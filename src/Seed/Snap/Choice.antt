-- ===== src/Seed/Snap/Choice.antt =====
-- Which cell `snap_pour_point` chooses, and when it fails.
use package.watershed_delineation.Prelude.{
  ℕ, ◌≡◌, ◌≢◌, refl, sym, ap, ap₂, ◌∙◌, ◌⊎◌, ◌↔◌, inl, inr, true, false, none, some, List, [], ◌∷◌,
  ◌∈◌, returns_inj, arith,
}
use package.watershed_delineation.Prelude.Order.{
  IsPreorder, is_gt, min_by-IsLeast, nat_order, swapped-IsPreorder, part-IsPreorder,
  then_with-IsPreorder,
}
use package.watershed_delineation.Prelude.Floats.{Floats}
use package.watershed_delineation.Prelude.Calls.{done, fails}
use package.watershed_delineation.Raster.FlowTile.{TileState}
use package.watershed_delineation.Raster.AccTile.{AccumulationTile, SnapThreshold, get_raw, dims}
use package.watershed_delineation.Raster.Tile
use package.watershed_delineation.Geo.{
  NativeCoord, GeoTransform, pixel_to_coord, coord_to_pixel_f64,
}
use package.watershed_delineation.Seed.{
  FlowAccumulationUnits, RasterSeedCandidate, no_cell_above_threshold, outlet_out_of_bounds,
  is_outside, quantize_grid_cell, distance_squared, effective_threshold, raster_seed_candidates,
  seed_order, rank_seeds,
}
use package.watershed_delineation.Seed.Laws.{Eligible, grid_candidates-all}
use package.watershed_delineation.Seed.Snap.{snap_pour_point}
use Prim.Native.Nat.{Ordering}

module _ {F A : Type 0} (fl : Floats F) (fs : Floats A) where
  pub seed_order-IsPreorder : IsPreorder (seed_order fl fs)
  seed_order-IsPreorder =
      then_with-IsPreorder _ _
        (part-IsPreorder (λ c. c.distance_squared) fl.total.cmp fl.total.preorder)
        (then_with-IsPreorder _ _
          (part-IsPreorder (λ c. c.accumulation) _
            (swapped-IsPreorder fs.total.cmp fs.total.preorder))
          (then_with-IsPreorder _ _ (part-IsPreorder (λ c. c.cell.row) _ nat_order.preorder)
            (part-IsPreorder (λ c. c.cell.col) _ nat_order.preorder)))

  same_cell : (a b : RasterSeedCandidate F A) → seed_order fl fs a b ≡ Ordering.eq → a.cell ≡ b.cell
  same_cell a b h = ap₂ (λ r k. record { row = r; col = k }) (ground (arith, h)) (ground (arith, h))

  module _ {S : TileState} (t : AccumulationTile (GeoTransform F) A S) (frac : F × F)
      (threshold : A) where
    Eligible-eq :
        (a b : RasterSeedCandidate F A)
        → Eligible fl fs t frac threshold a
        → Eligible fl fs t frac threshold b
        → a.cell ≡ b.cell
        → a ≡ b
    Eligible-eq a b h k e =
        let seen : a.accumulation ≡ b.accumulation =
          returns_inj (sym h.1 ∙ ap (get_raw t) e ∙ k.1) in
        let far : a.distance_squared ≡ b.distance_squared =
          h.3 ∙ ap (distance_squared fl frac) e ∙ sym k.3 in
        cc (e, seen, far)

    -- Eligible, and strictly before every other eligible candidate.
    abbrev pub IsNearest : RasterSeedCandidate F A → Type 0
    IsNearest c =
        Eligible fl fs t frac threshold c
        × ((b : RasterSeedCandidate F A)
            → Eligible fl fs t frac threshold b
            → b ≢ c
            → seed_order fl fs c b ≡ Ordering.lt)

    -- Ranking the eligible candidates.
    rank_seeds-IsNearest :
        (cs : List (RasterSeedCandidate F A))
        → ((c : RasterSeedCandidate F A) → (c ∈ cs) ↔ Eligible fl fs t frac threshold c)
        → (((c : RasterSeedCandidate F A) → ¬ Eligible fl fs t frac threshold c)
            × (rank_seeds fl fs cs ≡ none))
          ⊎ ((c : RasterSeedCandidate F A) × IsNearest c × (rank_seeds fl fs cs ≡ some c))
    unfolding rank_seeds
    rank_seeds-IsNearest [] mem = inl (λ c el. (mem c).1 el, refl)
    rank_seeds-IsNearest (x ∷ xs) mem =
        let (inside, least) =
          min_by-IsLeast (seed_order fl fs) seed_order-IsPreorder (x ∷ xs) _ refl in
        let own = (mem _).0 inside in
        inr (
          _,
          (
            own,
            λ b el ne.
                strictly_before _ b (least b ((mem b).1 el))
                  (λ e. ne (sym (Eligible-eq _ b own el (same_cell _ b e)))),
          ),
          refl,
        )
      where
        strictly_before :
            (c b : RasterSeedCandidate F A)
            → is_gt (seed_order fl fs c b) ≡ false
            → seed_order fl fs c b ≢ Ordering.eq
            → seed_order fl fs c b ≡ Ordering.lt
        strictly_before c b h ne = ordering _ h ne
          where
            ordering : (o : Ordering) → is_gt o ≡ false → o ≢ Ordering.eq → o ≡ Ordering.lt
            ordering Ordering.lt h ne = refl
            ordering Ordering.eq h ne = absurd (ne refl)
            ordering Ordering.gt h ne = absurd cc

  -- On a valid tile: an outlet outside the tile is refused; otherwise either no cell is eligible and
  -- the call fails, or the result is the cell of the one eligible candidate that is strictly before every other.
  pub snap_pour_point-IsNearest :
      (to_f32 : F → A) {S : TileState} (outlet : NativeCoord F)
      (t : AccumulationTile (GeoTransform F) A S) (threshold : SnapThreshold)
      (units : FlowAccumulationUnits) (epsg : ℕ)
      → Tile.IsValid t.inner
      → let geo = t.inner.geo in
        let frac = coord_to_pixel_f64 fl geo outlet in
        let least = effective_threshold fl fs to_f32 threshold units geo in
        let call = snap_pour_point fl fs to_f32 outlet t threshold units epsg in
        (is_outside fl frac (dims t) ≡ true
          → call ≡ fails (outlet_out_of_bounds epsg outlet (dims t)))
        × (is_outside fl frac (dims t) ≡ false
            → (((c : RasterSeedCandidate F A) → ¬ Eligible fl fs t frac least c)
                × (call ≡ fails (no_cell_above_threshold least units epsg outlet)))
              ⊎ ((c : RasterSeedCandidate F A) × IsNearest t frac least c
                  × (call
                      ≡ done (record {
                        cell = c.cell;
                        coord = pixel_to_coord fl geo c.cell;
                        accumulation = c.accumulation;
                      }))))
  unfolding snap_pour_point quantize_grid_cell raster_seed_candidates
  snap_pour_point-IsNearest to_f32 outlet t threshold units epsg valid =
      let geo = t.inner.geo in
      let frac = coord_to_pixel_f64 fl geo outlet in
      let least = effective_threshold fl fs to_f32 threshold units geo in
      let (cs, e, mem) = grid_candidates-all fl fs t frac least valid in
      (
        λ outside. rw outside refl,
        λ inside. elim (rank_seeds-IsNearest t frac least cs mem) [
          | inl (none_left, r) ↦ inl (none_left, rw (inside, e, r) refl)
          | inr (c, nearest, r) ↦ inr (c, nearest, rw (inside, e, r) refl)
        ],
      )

——————

= Task description =
A word-for-word repeat of the full data is needed.

= Task answer =
filename src/Seed/Snap/Choice.antt
-- ===== src/Seed/Snap/Choice.antt =====
-- Which cell `snap_pour_point` chooses, and when it fails.
use package.watershed_delineation.Prelude.{
  ℕ, ◌≡◌, ◌≢◌, refl, sym, ap, ap₂, ◌∙◌, ◌⊎◌, ◌↔◌, inl, inr, true, false, none, some, List, [], ◌∷◌,
  ◌∈◌, returns_inj, arith,
}
use package.watershed_delineation.Prelude.Order.{
  IsPreorder, is_gt, min_by-IsLeast, nat_order, swapped-IsPreorder, part-IsPreorder,
  then_with-IsPreorder,
}
use package.watershed_delineation.Prelude.Floats.{Floats}
use package.watershed_delineation.Prelude.Calls.{done, fails}
use package.watershed_delineation.Raster.FlowTile.{TileState}
use package.watershed_delineation.Raster.AccTile.{AccumulationTile, SnapThreshold, get_raw, dims}
use package.watershed_delineation.Raster.Tile
use package.watershed_delineation.Geo.{
  NativeCoord, GeoTransform, pixel_to_coord, coord_to_pixel_f64,
}
use package.watershed_delineation.Seed.{
  FlowAccumulationUnits, RasterSeedCandidate, no_cell_above_threshold, outlet_out_of_bounds,
  is_outside, quantize_grid_cell, distance_squared, effective_threshold, raster_seed_candidates,
  seed_order, rank_seeds,
}
use package.watershed_delineation.Seed.Laws.{Eligible, grid_candidates-all}
use package.watershed_delineation.Seed.Snap.{snap_pour_point}
use Prim.Native.Nat.{Ordering}

module _ {F A : Type 0} (fl : Floats F) (fs : Floats A) where
  pub seed_order-IsPreorder : IsPreorder (seed_order fl fs)
  seed_order-IsPreorder =
      then_with-IsPreorder _ _
        (part-IsPreorder (λ c. c.distance_squared) fl.total.cmp fl.total.preorder)
        (then_with-IsPreorder _ _
          (part-IsPreorder (λ c. c.accumulation) _
            (swapped-IsPreorder fs.total.cmp fs.total.preorder))
          (then_with-IsPreorder _ _ (part-IsPreorder (λ c. c.cell.row) _ nat_order.preorder)
            (part-IsPreorder (λ c. c.cell.col) _ nat_order.preorder)))

  same_cell : (a b : RasterSeedCandidate F A) → seed_order fl fs a b ≡ Ordering.eq → a.cell ≡ b.cell
  same_cell a b h = ap₂ (λ r k. record { row = r; col = k }) (ground (arith, h)) (ground (arith, h))

  module _ {S : TileState} (t : AccumulationTile (GeoTransform F) A S) (frac : F × F)
      (threshold : A) where
    Eligible-eq :
        (a b : RasterSeedCandidate F A)
        → Eligible fl fs t frac threshold a
        → Eligible fl fs t frac threshold b
        → a.cell ≡ b.cell
        → a ≡ b
    Eligible-eq a b h k e =
        let seen : a.accumulation ≡ b.accumulation =
          returns_inj (sym h.1 ∙ ap (get_raw t) e ∙ k.1) in
        let far : a.distance_squared ≡ b.distance_squared =
          h.3 ∙ ap (distance_squared fl frac) e ∙ sym k.3 in
        cc (e, seen, far)

    -- Eligible, and strictly before every other eligible candidate.
    abbrev pub IsNearest : RasterSeedCandidate F A → Type 0
    IsNearest c =
        Eligible fl fs t frac threshold c
        × ((b : RasterSeedCandidate F A)
            → Eligible fl fs t frac threshold b
            → b ≢ c
            → seed_order fl fs c b ≡ Ordering.lt)

    -- Ranking the eligible candidates.
    rank_seeds-IsNearest :
        (cs : List (RasterSeedCandidate F A))
        → ((c : RasterSeedCandidate F A) → (c ∈ cs) ↔ Eligible fl fs t frac threshold c)
        → (((c : RasterSeedCandidate F A) → ¬ Eligible fl fs t frac threshold c)
            × (rank_seeds fl fs cs ≡ none))
          ⊎ ((c : RasterSeedCandidate F A) × IsNearest c × (rank_seeds fl fs cs ≡ some c))
    unfolding rank_seeds
    rank_seeds-IsNearest [] mem = inl (λ c el. (mem c).1 el, refl)
    rank_seeds-IsNearest (x ∷ xs) mem =
        let (inside, least) =
          min_by-IsLeast (seed_order fl fs) seed_order-IsPreorder (x ∷ xs) _ refl in
        let own = (mem _).0 inside in
        inr (
          _,
          (
            own,
            λ b el ne.
                strictly_before _ b (least b ((mem b).1 el))
                  (λ e. ne (sym (Eligible-eq _ b own el (same_cell _ b e)))),
          ),
          refl,
        )
      where
        strictly_before :
            (c b : RasterSeedCandidate F A)
            → is_gt (seed_order fl fs c b) ≡ false
            → seed_order fl fs c b ≢ Ordering.eq
            → seed_order fl fs c b ≡ Ordering.lt
        strictly_before c b h ne = ordering _ h ne
          where
            ordering : (o : Ordering) → is_gt o ≡ false → o ≢ Ordering.eq → o ≡ Ordering.lt
            ordering Ordering.lt h ne = refl
            ordering Ordering.eq h ne = absurd (ne refl)
            ordering Ordering.gt h ne = absurd cc

  -- On a valid tile: an outlet outside the tile is refused; otherwise either no cell is eligible and
  -- the call fails, or the result is the cell of the one eligible candidate that is strictly before every other.
  pub snap_pour_point-IsNearest :
      (to_f32 : F → A) {S : TileState} (outlet : NativeCoord F)
      (t : AccumulationTile (GeoTransform F) A S) (threshold : SnapThreshold)
      (units : FlowAccumulationUnits) (epsg : ℕ)
      → Tile.IsValid t.inner
      → let geo = t.inner.geo in
        let frac = coord_to_pixel_f64 fl geo outlet in
        let least = effective_threshold fl fs to_f32 threshold units geo in
        let call = snap_pour_point fl fs to_f32 outlet t threshold units epsg in
        (is_outside fl frac (dims t) ≡ true
          → call ≡ fails (outlet_out_of_bounds epsg outlet (dims t)))
        × (is_outside fl frac (dims t) ≡ false
            → (((c : RasterSeedCandidate F A) → ¬ Eligible fl fs t frac least c)
                × (call ≡ fails (no_cell_above_threshold least units epsg outlet)))
              ⊎ ((c : RasterSeedCandidate F A) × IsNearest t frac least c
                  × (call
                      ≡ done (record {
                        cell = c.cell;
                        coord = pixel_to_coord fl geo c.cell;
                        accumulation = c.accumulation;
                      }))))
  unfolding snap_pour_point quantize_grid_cell raster_seed_candidates
  snap_pour_point-IsNearest to_f32 outlet t threshold units epsg valid =
      let geo = t.inner.geo in
      let frac = coord_to_pixel_f64 fl geo outlet in
      let least = effective_threshold fl fs to_f32 threshold units geo in
      let (cs, e, mem) = grid_candidates-all fl fs t frac least valid in
      (
        λ outside. rw outside refl,
        λ inside. elim (rank_seeds-IsNearest t frac least cs mem) [
          | inl (none_left, r) ↦ inl (none_left, rw (inside, e, r) refl)
          | inr (c, nearest, r) ↦ inr (c, nearest, rw (inside, e, r) refl)
        ],
      )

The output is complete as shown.